The question is: who really needs such drive? 32GB doesn't seem to be enough for system partition if you use Vista. 64GB version - ok for system and a bit more. 128GB should fit a little more stuff - maybe some extra programs and a few games, but that's only now. In a year it will be just not enough.
I guess that it could be really useful in laptops, especially 128GB version in sub-14" lappies. These computers don't need tons of storage space, but low power consumption, good disk standby possibilities, super-fast response time and better vibrations tolerance should make SSDs a good option. Not just "good" - it's a great option.

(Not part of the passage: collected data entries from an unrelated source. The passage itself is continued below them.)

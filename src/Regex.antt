-- ===== src/Regex.antt =====
-- The regular expressions of Go's `regexp` that the program uses, matched by derivatives.
use arduino_cli_android.Prelude.{
  ℕ, Bool, true, false, ◌&&◌, ◌||◌, [], ◌∷◌, ◌==◌, nat_eq, leb, if◌then◌else◌,
}
use arduino_cli_android.Strings.{Text}

pub data Regex : Type 0 where
  nothing empty : Regex
  -- One character in a range; a range of two equal ends is a literal.
  range : ℕ → ℕ → Regex
  -- `.`, any character but a newline.
  dot : Regex
  seq alt : Regex → Regex → Regex
  star : Regex → Regex

unfoldable pub nullable : Regex → Bool
nullable nothing = false
nullable empty = true
nullable (range lo hi) = false
nullable dot = false
nullable (seq r s) = nullable r && nullable s
nullable (alt r s) = nullable r || nullable s
nullable (star r) = true

-- What is left to match after the character `c`.
unfoldable pub derivative : ℕ → Regex → Regex
unfolding nullable
derivative c nothing = nothing
derivative c empty = nothing
derivative c (range lo hi) = if leb lo c && leb c hi then empty else nothing
derivative c dot = if c == 10 then nothing else empty
derivative c (seq r s) =
    let rest = seq (derivative c r) s in if nullable r then alt rest (derivative c s) else rest
derivative c (alt r s) = alt (derivative c r) (derivative c s)
derivative c (star r) = seq (derivative c r) (star r)

-- Some prefix of the text matches.
unfoldable pub match_prefix : Regex → Text → Bool
unfolding derivative
match_prefix r [] = nullable r
match_prefix r (c ∷ s) = nullable r || match_prefix (derivative c r) s

-- `MatchString`: some part of the text matches.
unfoldable pub match_string : Regex → Text → Bool
unfolding match_prefix
match_string r [] = match_prefix r []
match_string r (c ∷ s) = match_prefix r (c ∷ s) || match_string r s

-- A literal text.
unfoldable pub text : Text → Regex
text [] = empty
text (c ∷ []) = range c c
text (c ∷ d ∷ s) = seq (range c c) (text (d ∷ s))

unfoldable pub optional : Regex → Regex
optional r = alt r empty
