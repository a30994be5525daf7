-- ===== src/Resolver/Priority.antt =====
-- The number that `ComputePriority` returns orders libraries by a fixed list of criteria.
use arduino_cli_android.Prelude.{
  ℕ, ◌+◌, ◌*◌, ◌<◌, ◌≤◌, Bool, true, false, some, ◌≡◌, ◌≢◌, ◌⊎◌, ◌↔◌, inl, inr, arith,
  if◌then◌else◌, list_eq, nat_eq, ◌%◌,
}
use native.Mathlib.Decide.{dec_lt}
use arduino_cli_android.Strings.{Text, trim_suffix}
use arduino_cli_android.Libraries.{
  Library, is_compatible_with, is_optimized_for_architecture, is_architecture_independent,
}
use arduino_cli_android.Libraries.Location.{
  LibraryLocation, ide_builtin, platform_builtin, referenced_platform_builtin, unmanaged,
}
use arduino_cli_android.Resolver.{
  name_bonus, header_bonus, architecture_bonus, location_bonus, compute_priority, simplify, ext,
}

-- The name criterion counts hundreds, and at most seven of them.
name_bonus_hundreds :
    (name dir_name header : Text)
    → (name_bonus name dir_name header % 100 ≡ 0) × (name_bonus name dir_name header ≤ 700)
unfolding name_bonus
name_bonus_hundreds name dir_name header = (ground arith, ground arith)

-- The criteria for libraries that were not given on the command line, the weightiest first: a
-- library that suits the architecture, then a name near to the header's, then a library made for
-- the architecture, then the place.
abbrev place : LibraryLocation → ℕ
place ide_builtin = 0
place referenced_platform_builtin = 1
place platform_builtin = 2
place _ = 3

abbrev one_if : Bool → ℕ
one_if b = if b then 1 else 0

-- Four criteria in one number, of which each outweighs those after it.
abbrev weighed : ℕ → ℕ → ℕ → ℕ → ℕ
weighed c n o k = 1000 * c + 10 * o + n + k

abbrev First : (c n o k c' n' o' k' : ℕ) → Type 0
First c n o k c' n' o' k' =
    (c' < c) ⊎ ((c' ≡ c) × ((n' < n) ⊎ ((n' ≡ n) × ((o' < o) ⊎ ((o' ≡ o) × (k' < k))))))

module _ (c n o k c' n' o' k' : ℕ) (n_hundreds : (n % 100 ≡ 0) × (n ≤ 700))
    (n'_hundreds : (n' % 100 ≡ 0) × (n' ≤ 700)) (o_le : (o ≤ c) × (c ≤ 1))
    (o'_le : (o' ≤ c') × (c' ≤ 1)) (k_le : (k ≤ 3) × (k' ≤ 3)) where
  by-First : weighed c' n' o' k' < weighed c n o k → First c n o k c' n' o' k'
  by-First h = elim (dec_lt c' c) [
    | yes a ↦ inl a
    | no a ↦ inr (
      omega arith,
      elim (dec_lt n' n) [
        | yes b ↦ inl b
        | no b ↦ inr (
          omega arith,
          elim (dec_lt o' o) [ yes d ↦ inl d | no d ↦ inr (omega arith, omega arith) ],
        )
      ],
    )
  ]

  by_weight : First c n o k c' n' o' k' → weighed c' n' o' k' < weighed c n o k
  by_weight h = omega arith

one_if_le : (b : Bool) → one_if b ≤ 1
one_if_le true = omega arith
one_if_le false = omega arith

module _ (header arch : Text) where
  -- `lib` comes before `other` by the first criterion on which they differ.
  unfoldable pub Outranks : Library → Library → Type 0
  Outranks lib other =
      let c = one_if (is_compatible_with lib arch) in
      let c' = one_if (is_compatible_with other arch) in
      let n = header_bonus lib header in
      let n' = header_bonus other header in
      let o = one_if (is_optimized_for_architecture lib arch) in
      let o' = one_if (is_optimized_for_architecture other arch) in
      (c' < c)
      ⊎ ((c' ≡ c)
          × ((n' < n)
              ⊎ ((n' ≡ n) × ((o' < o) ⊎ ((o' ≡ o) × (place other.location < place lib.location))))))

  priority_parts :
      (lib : Library) (p : ℕ)
      → lib.location ≢ unmanaged
      → compute_priority lib header arch ≡ some p
      → (p
          ≡ 1000 * one_if (is_compatible_with lib arch)
            + 10 * one_if (is_optimized_for_architecture lib arch)
            + header_bonus lib header
            + place lib.location)
        × (one_if (is_optimized_for_architecture lib arch) ≤ one_if (is_compatible_with lib arch))
  unfolding compute_priority location_bonus architecture_bonus is_compatible_with
      is_architecture_independent
  priority_parts lib p u h = (ground arith, ground arith)

  header_bonus_hundreds :
      (lib : Library) → (header_bonus lib header % 100 ≡ 0) × (header_bonus lib header ≤ 700)
  unfolding header_bonus
  header_bonus_hundreds lib =
      name_bonus_hundreds (simplify lib.name) (simplify lib.dir_name)
        (simplify (trim_suffix (ext header) header))

  place_le : (l : LibraryLocation) → place l ≤ 3
  place_le l = ground arith

  -- Of two libraries that were not given on the command line, the first has the higher priority
  -- exactly when it outranks the other: by the architecture, then by the name, then by being made
  -- for the architecture, then by the place.
  pub priority_iff_Outranks :
      (lib other : Library) (p q : ℕ)
      → lib.location ≢ unmanaged
      → other.location ≢ unmanaged
      → compute_priority lib header arch ≡ some p
      → compute_priority other header arch ≡ some q
      → (q < p) ↔ Outranks lib other
  unfolding Outranks
  priority_iff_Outranks lib other p q u v hp hq =
      let (a, a') = priority_parts lib p u hp in
      let (b, b') = priority_parts other q v hq in
      let c = one_if (is_compatible_with lib arch) in
      let n = header_bonus lib header in
      let o = one_if (is_optimized_for_architecture lib arch) in
      let c' = one_if (is_compatible_with other arch) in
      let n' = header_bonus other header in
      let o' = one_if (is_optimized_for_architecture other arch) in
      let k = place lib.location in
      let k' = place other.location in
      let hn = header_bonus_hundreds lib in
      let hn' = header_bonus_hundreds other in
      (
        λ h.
            by-First c n o k c' n' o' k' hn hn' (a', one_if_le (is_compatible_with lib arch))
              (b', one_if_le (is_compatible_with other arch))
              (place_le lib.location, place_le other.location) (omega (arith, h, a, b)),
        λ h. omega (
          arith,
          by_weight c n o k c' n' o' k' hn hn' (a', one_if_le (is_compatible_with lib arch))
              (b', one_if_le (is_compatible_with other arch))
              (place_le lib.location, place_le other.location) h,
          a,
          b,
        ),
      )

  -- A library given on the command line has a higher priority than any that was not.
  pub unmanaged_outranks :
      (lib other : Library) (p q : ℕ)
      → lib.location ≡ unmanaged
      → other.location ≢ unmanaged
      → compute_priority lib header arch ≡ some p
      → compute_priority other header arch ≡ some q
      → q < p
  unfolding compute_priority location_bonus
  unmanaged_outranks lib other p q u v hp hq =
      let (b, b') = priority_parts other q v hq in
      let (d, d') = header_bonus_hundreds other in
      let top : 10000 ≤ p = ground arith in
      omega
        (arith, top, b, b', d', place_le other.location, one_if_le (is_compatible_with other arch))
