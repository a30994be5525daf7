-- ===== src/Resolver/Tests.antt =====
-- A resolver with a library of the user and one bundled with a platform.
use arduino_cli_android.Prelude.{
  none, true, false, ℕ, List, [], ◌∷◌, Option, some, ◌≡◌, ◌≢◌, refl, ◌<◌, ◌↔◌, Elem, list_beq,
  assign, lookup,
}
use arduino_cli_android.Strings.{Text, codes, to_lower, trim_suffix}
use arduino_cli_android.Libraries.{
  Library, is_optimized_for_architecture, is_architecture_independent,
}
use arduino_cli_android.Filenames.{sanitize_name}
use arduino_cli_android.Libraries.Location.{LibraryLocation, user, platform_builtin, unmanaged}
use arduino_cli_android.Resolver.{
  Headers, compute_priority, location_bonus, architecture_bonus, header_bonus, name_bonus, simplify,
  ext, ext_from, new_cpp_resolver, alternatives_for, resolve_for, same_pointer,
  scan_platform_libraries, scan_where, is_of_platform, scan_library, add_if_read, add_headers,
  scan_user_and_unmanaged_libraries, is_user_or_unmanaged, scan_ide_builtin_libraries,
  is_ide_builtin,
}
use arduino_cli_android.Libraries.Collection.{add}
use arduino_cli_android.Resolver.Priority.{Outranks, priority_iff_Outranks, unmanaged_outranks}
use arduino_cli_android.Resolver.Scan.{Elem-new_cpp_resolver, Offers}
use arduino_cli_android.Resolver.Places.{IsScanned}
use arduino_cli_android.Resolver.Resolution.{resolve-new_cpp_resolver, IsAnswer}

abbrev servo : LibraryLocation → ℕ → List Text → Library
servo place address architectures = record {
  address = address;
  name = codes "Servo";
  install_dir = [];
  source_dir = [];
  utility_dir = none;
  is_recursive = true;
  precompiled = false;
  precompiled_with_sources = false;
  is_legacy = false;
  dir_name = codes "Servo";
  architectures = architectures;
  location = place;
  container_platform = some 7;
  version = some 1;
  source_headers = some (codes "Servo.h" ∷ []);
}

abbrev of_user : Library
of_user = servo user 1 []

abbrev of_platform : Library
of_platform = servo platform_builtin 2 (codes "avr" ∷ [])

abbrev given : Library
given = servo unmanaged 3 []

abbrev installed : List Library
installed = of_user ∷ of_platform ∷ []

abbrev first_word : List Text → Text → Text
first_word [] name = []
first_word (word ∷ words) name = word

abbrev as_found : List Library → List Library
as_found libs = libs

abbrev headers : Headers
headers = (codes "Servo.h", of_user ∷ of_platform ∷ []) ∷ []

user≢unmanaged : user ≢ unmanaged
user≢unmanaged e = cc

platform≢unmanaged : platform_builtin ≢ unmanaged
platform≢unmanaged e = cc

priority_user : compute_priority of_user (codes "Servo.h") (codes "avr") ≡ some 1703
unfolding compute_priority location_bonus architecture_bonus is_optimized_for_architecture
    is_architecture_independent header_bonus name_bonus list_beq simplify to_lower sanitize_name
    trim_suffix ext ext_from
priority_user = refl

priority_platform : compute_priority of_platform (codes "Servo.h") (codes "avr") ≡ some 1712
unfolding compute_priority location_bonus architecture_bonus is_optimized_for_architecture
    is_architecture_independent header_bonus name_bonus list_beq simplify to_lower sanitize_name
    trim_suffix ext ext_from
priority_platform = refl

priority_given : compute_priority given (codes "Servo.h") (codes "avr") ≡ some 11700
unfolding compute_priority location_bonus architecture_bonus is_optimized_for_architecture
    is_architecture_independent header_bonus name_bonus list_beq simplify to_lower sanitize_name
    trim_suffix ext ext_from
priority_given = refl

scanned_headers : new_cpp_resolver installed (some 7) (some 7) ≡ headers
unfolding new_cpp_resolver same_pointer scan_platform_libraries scan_where is_of_platform
    scan_library add_if_read add_headers assign scan_user_and_unmanaged_libraries
    is_user_or_unmanaged scan_ide_builtin_libraries is_ide_builtin list_beq add alternatives_for
    lookup
scanned_headers = refl

priority_iff_Outranks_example :
    (1703 < 1712) ↔ Outranks (codes "Servo.h") (codes "avr") of_platform of_user
priority_iff_Outranks_example =
    priority_iff_Outranks (codes "Servo.h") (codes "avr") of_platform of_user 1712 1703
      platform≢unmanaged user≢unmanaged priority_platform priority_user

unmanaged_outranks_example : 1712 < 11700
unmanaged_outranks_example =
    unmanaged_outranks (codes "Servo.h") (codes "avr") given of_platform 11700 1712 refl
      platform≢unmanaged priority_given priority_platform

Elem-new_cpp_resolver_example :
    Elem of_user (alternatives_for (new_cpp_resolver installed (some 7) (some 7)) (codes "Servo.h"))
    ↔ (Elem of_user installed
        × IsScanned (some 7) (some 7) of_user
        × Offers of_user (codes "Servo.h"))
Elem-new_cpp_resolver_example =
    Elem-new_cpp_resolver installed (some 7) (some 7) (codes "Servo.h") of_user

resolve-new_cpp_resolver_example :
    (answer : Option Library) × (resolve_for first_word as_found
        (new_cpp_resolver installed (some 7) (some 7))
        (codes "Servo.h")
        (codes "avr")
      ≡ some answer)
    × IsAnswer
        (codes "Servo.h")
        (codes "avr")
        (alternatives_for (new_cpp_resolver installed (some 7) (some 7)) (codes "Servo.h"))
        answer
resolve-new_cpp_resolver_example =
    resolve-new_cpp_resolver first_word as_found (λ libs lib. (λ m. m, λ m. m)) installed (some 7)
      (some 7) (codes "Servo.h") (codes "avr")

If I was going to buy a small pricey laptop with good battery life, I'd get one with SSD for sure. I think that in such case it's worth extra money. For my desktop... not a chance, unless I can see a bigger one *AND* a direct comparison, where it wipes the floor with WD VelociRaptor.
// EDIT //
After Finchwizard's post, I decided to add these links to allow PCMark Vantage comparison with big drives, like Samsung F1 (they reviewed 1TB model, but 320 and 640GB ones should have similar performance), IBM DeskStar and UltraStar:
http://www.xbitlabs.com/articles/sto...oundup_20.html
and WD VelociRaptor:
http://www.xbitlabs.com/articles/sto...iraptor_7.html
Huge drive performance is behind in terms of real-life usage, but it's still acceptable. Big files read/write speeds are almost as good as with SSD.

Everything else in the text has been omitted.